Step 3: Update the CodeBuild service role policy to use connections

The initial pipeline run will fail because the CodeBuild service role must be updated with permissions to use connections. Add the codeconnections:UseConnection IAM permission to your service role policy. For instructions to update the policy in the IAM console, see Add CodeBuild GitClone permissions for connections to Bitbucket, GitHub, GitHub Enterprise Server, or GitLab.com.

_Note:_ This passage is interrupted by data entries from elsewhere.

-- ===== src/Sample/Laws.antt =====
-- The sample resources and the webhooks: generate_sample.go, and ValidateCreate of the controllers.
use provider_exoscale.Prelude.{
  String, false, ◌≡◌, ◌↔◌, refl, sym, ◌∙◌, List, [], ◌∷◌, Option, none, Result, ok, ◌==◌, eq_iff,
}
use mathlib.Core.Bool.{false≢true}
use mathlib.Core.List.{Memᴰ}
use mathlib.Core.Path.{subst}
use provider_exoscale.Json.{end, RawExtension, JsonCodec, to_map}
use provider_exoscale.Time.{parse}
use provider_exoscale.Api.{MaintenanceSpec}
use provider_exoscale.Webhook.Laws.{validate_raw_extension_iff}
use provider_exoscale.Dbaas.Laws.{ok-injective}
use provider_exoscale.Dbaas.Creation.{Readable, Creatable}
use provider_exoscale.Mysql.Creation.{mysql-admits_create_iff}
use provider_exoscale.Postgres.Creation.{postgres-admits_create_iff}
use provider_exoscale.OpenSearch.Creation.{opensearch-admits_create_iff}
use provider_exoscale.Bucket.Webhook as BucketWebhook
use provider_exoscale.Iam.Webhook as IamWebhook
use provider_exoscale.Mysql.Webhook as MysqlWebhook
use provider_exoscale.Postgres.Webhook as PostgresWebhook
use provider_exoscale.OpenSearch.Webhook as OpenSearchWebhook
use provider_exoscale.Redis.Webhook as RedisWebhook
use provider_exoscale.Kafka.Webhook as KafkaWebhook
use provider_exoscale.Sample.{
  new_bucket_sample, new_iam_key_sample, new_mysql_sample, new_postgresql_sample, new_redis_sample,
  new_kafka_sample, new_opensearch_sample,
}

module _ (codec : JsonCodec) where
  sample_checks_iff :
      (versions : List String) (wanted : String) (a : String) (m : MaintenanceSpec)
      (s : RawExtension)
      → (wanted == "") ≡ false
      → (parse m.time_of_day).3 ≡ none
      → Creatable codec (ok versions) wanted (a ∷ []) m s
        ↔ (Memᴰ wanted versions × Readable codec s)
  sample_checks_iff versions wanted a m s named time = (
    (λ ((vs, same, n, found), filter, t, settings).
        (subst (Memᴰ wanted) (sym (ok-injective same)) found, settings)),
    (λ (found, settings). (
      (versions, refl, (λ e. false≢true (sym named ∙ (eq_iff wanted "").1 e)), found),
      (λ e. cc),
      time,
      settings,
    )),
  )

  -- Each sample is admitted by its webhook: those for MySQL, PostgreSQL and OpenSearch exactly if their
  -- version, "8", "14" or "2", is among the versions that Exoscale has and their settings decode to a
  -- map of strings, numbers and Booleans, which for OpenSearch, whose sample has no settings, is so;
  -- those for Redis and Kafka exactly if their settings do, where Kafka's names no version and the
  -- versions do not matter; those for the bucket and the IAM key always.
  pub samples_admitted_iff :
      (monday : String) (versions : List String) (answer : Result (Option (List String)))
      → ((MysqlWebhook.validate_create codec (ok versions) (new_mysql_sample monday) ≡ ok tt) ↔ (
          Memᴰ "8" versions
          × Readable codec (new_mysql_sample monday).for_provider.my_sql_settings))
        × ((PostgresWebhook.validate_create codec (ok versions) (new_postgresql_sample monday)
              ≡ ok tt)
            ↔ (Memᴰ "14" versions
                × Readable codec (new_postgresql_sample monday).for_provider.pg_settings))
        × ((OpenSearchWebhook.validate_create codec (ok versions) (new_opensearch_sample monday)
              ≡ ok tt)
            ↔ Memᴰ "2" versions)
        × ((RedisWebhook.validate_create codec (new_redis_sample monday) ≡ ok tt)
            ↔ Readable codec (new_redis_sample monday).for_provider.redis_settings)
        × ((KafkaWebhook.validate_create_with_client codec answer (new_kafka_sample monday) ≡ ok tt)
            ↔ Readable codec (new_kafka_sample monday).for_provider.kafka_settings)
        × (BucketWebhook.validate_create new_bucket_sample ≡ ok tt)
        × (IamWebhook.validate_create new_iam_key_sample ≡ ok tt)
  unfolding new_mysql_sample new_postgresql_sample new_opensearch_sample new_redis_sample
      new_kafka_sample new_bucket_sample new_iam_key_sample BucketWebhook.validate_create
      IamWebhook.validate_create RedisWebhook.validate_create RedisWebhook.validate_spec
      KafkaWebhook.validate_create_with_client KafkaWebhook.validate_spec parse to_map
  samples_admitted_iff monday versions answer =
      let mysql = mysql-admits_create_iff codec (ok versions) (new_mysql_sample monday) in
      let mysql_sample =
        sample_checks_iff versions "8" "0.0.0.0/0"
          (record { day_of_week = monday; time_of_day = "12:00:00" })
          (new_mysql_sample monday).for_provider.my_sql_settings refl refl in
      let postgres =
        postgres-admits_create_iff codec (ok versions) (new_postgresql_sample monday) in
      let postgres_sample =
        sample_checks_iff versions "14" "0.0.0.0/0"
          (record { day_of_week = monday; time_of_day = "12:00:00" })
          (new_postgresql_sample monday).for_provider.pg_settings refl refl in
      let search =
        opensearch-admits_create_iff codec (ok versions) (new_opensearch_sample monday) in
      let search_sample =
        sample_checks_iff versions "2" "0.0.0.0/0"
          (record { day_of_week = monday; time_of_day = "12:01:55" })
          (new_opensearch_sample monday).for_provider.open_search_settings refl refl in
      (
        ((λ h. mysql_sample.0 (mysql.0 h)), (λ c. mysql.1 (mysql_sample.1 c))),
        ((λ h. postgres_sample.0 (postgres.0 h)), (λ c. postgres.1 (postgres_sample.1 c))),
        (
          (λ h. (search_sample.0 (search.0 h)).0),
          (λ c. search.1 (search_sample.1 (c, (end, refl, tt)))),
        ),
        validate_raw_extension_iff codec (new_redis_sample monday).for_provider.redis_settings,
        validate_raw_extension_iff codec (new_kafka_sample monday).for_provider.kafka_settings,
        refl,
        refl,
      )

Step 4: View repository commands in build output

  1. When your service role is successfully updated, choose Retry on the failed CodeBuild stage.

  2. After the pipeline runs successfully, on your successful build stage, choose View details.

    On the details page, choose the Logs tab. View the CodeBuild build output. The commands output the value of the entered variable.

    The commands output the README.md file contents, list the files in the directory, clone the repository, view the log, and archive the repository as a ZIP file.